What Is Direct Market Access (DMA)?
Direct market access (DMA) refers to access to the electronic facilities and order books of financial market exchanges that facilitate daily securities transactions. Direct market access requires a sophisticated technology infrastructure and is often owned by sell-side firms. Rather than relying on market-making firms and broker-dealers to execute trades, some buy-side firms use direct market access to place trades themselves.
- Direct market access describes the direct access to the electronic facilities and order books of the financial market exchanges in order to execute trades.
- Individual investors typically do not have direct market access but usually rely on an intermediary brokerage firm for trade execution.
- Investment banks and other sell-side firms use sophisticated electronic trading technology that allows them direct market access to the exchanges.
- Sell-side firms may offer direct market access on a sponsored basis to buy-side entities, such as hedge funds, pension funds, and mutual funds.
Understanding Direct Market Access (DMA)
Direct market access is the direct connection to financial market exchanges that makes the completion of a financial market transaction final. Exchanges are organized marketplaces where stocks, commodities, derivatives, and other financial instruments are traded. Some of the most well-known exchanges are the New York Stock Exchange (NYSE), the Nasdaq, and the London Stock Exchange (LSE).
Individual investors typically do not have direct market access to the exchanges. While trade execution is usually immediately enacted, the transaction is fulfilled by an intermediary brokerage firm. While brokerage firms can work on a market-making quote basis, it has become more common since the 1990s for brokerage platforms to use direct market access for completing the trade. With direct market access, the trade is executed at the final market transaction phase by the brokerage firm. The order is accepted by the exchange for which the security trades and the transaction is recorded on the exchange’s order book.
Intermediary brokerage firms are known to have direct market access for completing trade orders. In the broad market, various entities can own and operate direct market access platforms. Broker-dealers and market-making firms have direct market access. Sell-side investment banks are also known for having direct market access. Sell-side investment banks have trading groups that execute trades with direct market access.

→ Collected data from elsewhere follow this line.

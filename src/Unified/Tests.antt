-- ===== src/Unified/Tests.antt =====
-- A unified policy file, and a witness.
use provenex_core.Rules.{canonical_bytes, value_hash}
use provenex_core.Rules.Duration.{parse_duration}
use provenex_core.Rules.Validate.{
  check_no_reserved_keys, clause, each, refuse_unknown_keys, root_allowed, validate_condition,
  validate_constraint, validate_defaults, validate_path_root, validate_rule, validate_rules,
}
use provenex_core.Prelude.{◌≡◌, refl, true, none, some, ok}
use provenex_core.Text.{codes, has_char, hex, split, utf8}
use provenex_core.Value.{
  dict, Fields, get, contains, elements, entries, get_key, put, same_key, set_default, to_fields,
  truthy, value_eq,
}
use provenex_core.Rules.Sample.{runtime, policy_file, eu_rule}
use provenex_core.Policy.{default_policy}
use provenex_core.Access.{
  construct_from_bundle, construct, load, normalized, read_policy_id, validate_bundle,
}
use provenex_core.Access.Sample.{evaluator}
use provenex_core.ToolCall.{construct_tool_call}
use provenex_core.Unified.{
  UnifiedPolicy, native_evaluator, native_tool_evaluator, from_bundle, parse_verification,
}
use provenex_core.Unified.Guards.{is_set, Guards, from_bundle-Guards}

abbrev file : Fields
file = policy_file "access_control" eu_rule

abbrev loaded : UnifiedPolicy
loaded = record {
  verification = default_policy none;
  access_control = some (native_evaluator runtime evaluator);
  tool_call_control = none;
}

loads : from_bundle runtime (codes "f") (dict file) ≡ ok loaded
unfolding from_bundle parse_verification construct construct_from_bundle load validate_bundle
    normalized read_policy_id validate_rules validate_rule validate_defaults each validate_condition
    validate_constraint validate_path_root root_allowed refuse_unknown_keys check_no_reserved_keys
    clause truthy get get_key put same_key set_default entries elements to_fields value_eq contains
    parse_duration value_hash canonical_bytes utf8 hex split has_char
loads = refl

from_bundle-Guards_example :
    (is_set (get (codes "access_control") file) ≡ true
      → Guards runtime
          (construct_from_bundle runtime (codes "f") (dict file))
          (native_evaluator runtime)
          loaded.access_control)
    × (is_set (get (codes "tool_call_control") file) ≡ true
        → Guards runtime
            (construct_tool_call runtime (codes "f") (dict file))
            (native_tool_evaluator runtime)
            loaded.tool_call_control)
from_bundle-Guards_example = from_bundle-Guards runtime (codes "f") file {p = loaded} loads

Direct Market Access Technology
In the financial markets, sell-side firms offer their direct market access trading platforms and technology to buy-side firms who wish to control the direct market access trading activities for their investment portfolios. Examples of buy-side entities include hedge funds, pension funds, mutual funds, life insurance companies, and private equity funds. This form of control over trading activities is considered sponsored access.
The technology and infrastructure required to develop a direct market access trading platform can be expensive to build and maintain. Companies that offer direct market access sometimes combine this service with access to advanced trading strategies such as algorithmic trading. Thus, there are agreements between direct market access platform owners and sponsored firms that outline the services offered and the stipulations of the agreement.
Benefits of Direct Market Access
With direct market access, a trader has full transparency of an exchange’s order book and all of its trade orders. Direct market access platforms can be integrated with sophisticated algorithmic trading strategies that can streamline the trading process for greater efficiency and cost savings. Direct market access allows buy-side firms to often execute trades with lower costs. Order execution is extremely fast, so traders are better able to take advantage of very short-lived trading opportunities.
Market regulators such as the Financial Industry Regulatory Authority (FINRA) oversee all of the market’s trading activities and have raised some concerns over the sharing or sponsored access agreements offered by sell-side firms. If a buy-side firm does not have direct market access, then it must partner with a sell-side firm, brokerage, or bank with direct market access to determine a trading price and execute the final transaction.
FINRA’s concern stems from the potential market disruption that could occur if poorly regulated direct market access results in trading errors caused by computers or humans. The damage from these trading errors could be compounded by high-speed trading automation and high-volume trading. To address these trading risks, the Securities and Exchange Commission (SEC) requires firms that provide direct market access to maintain a system of risk management controls over the trading actions allowed through sponsored access.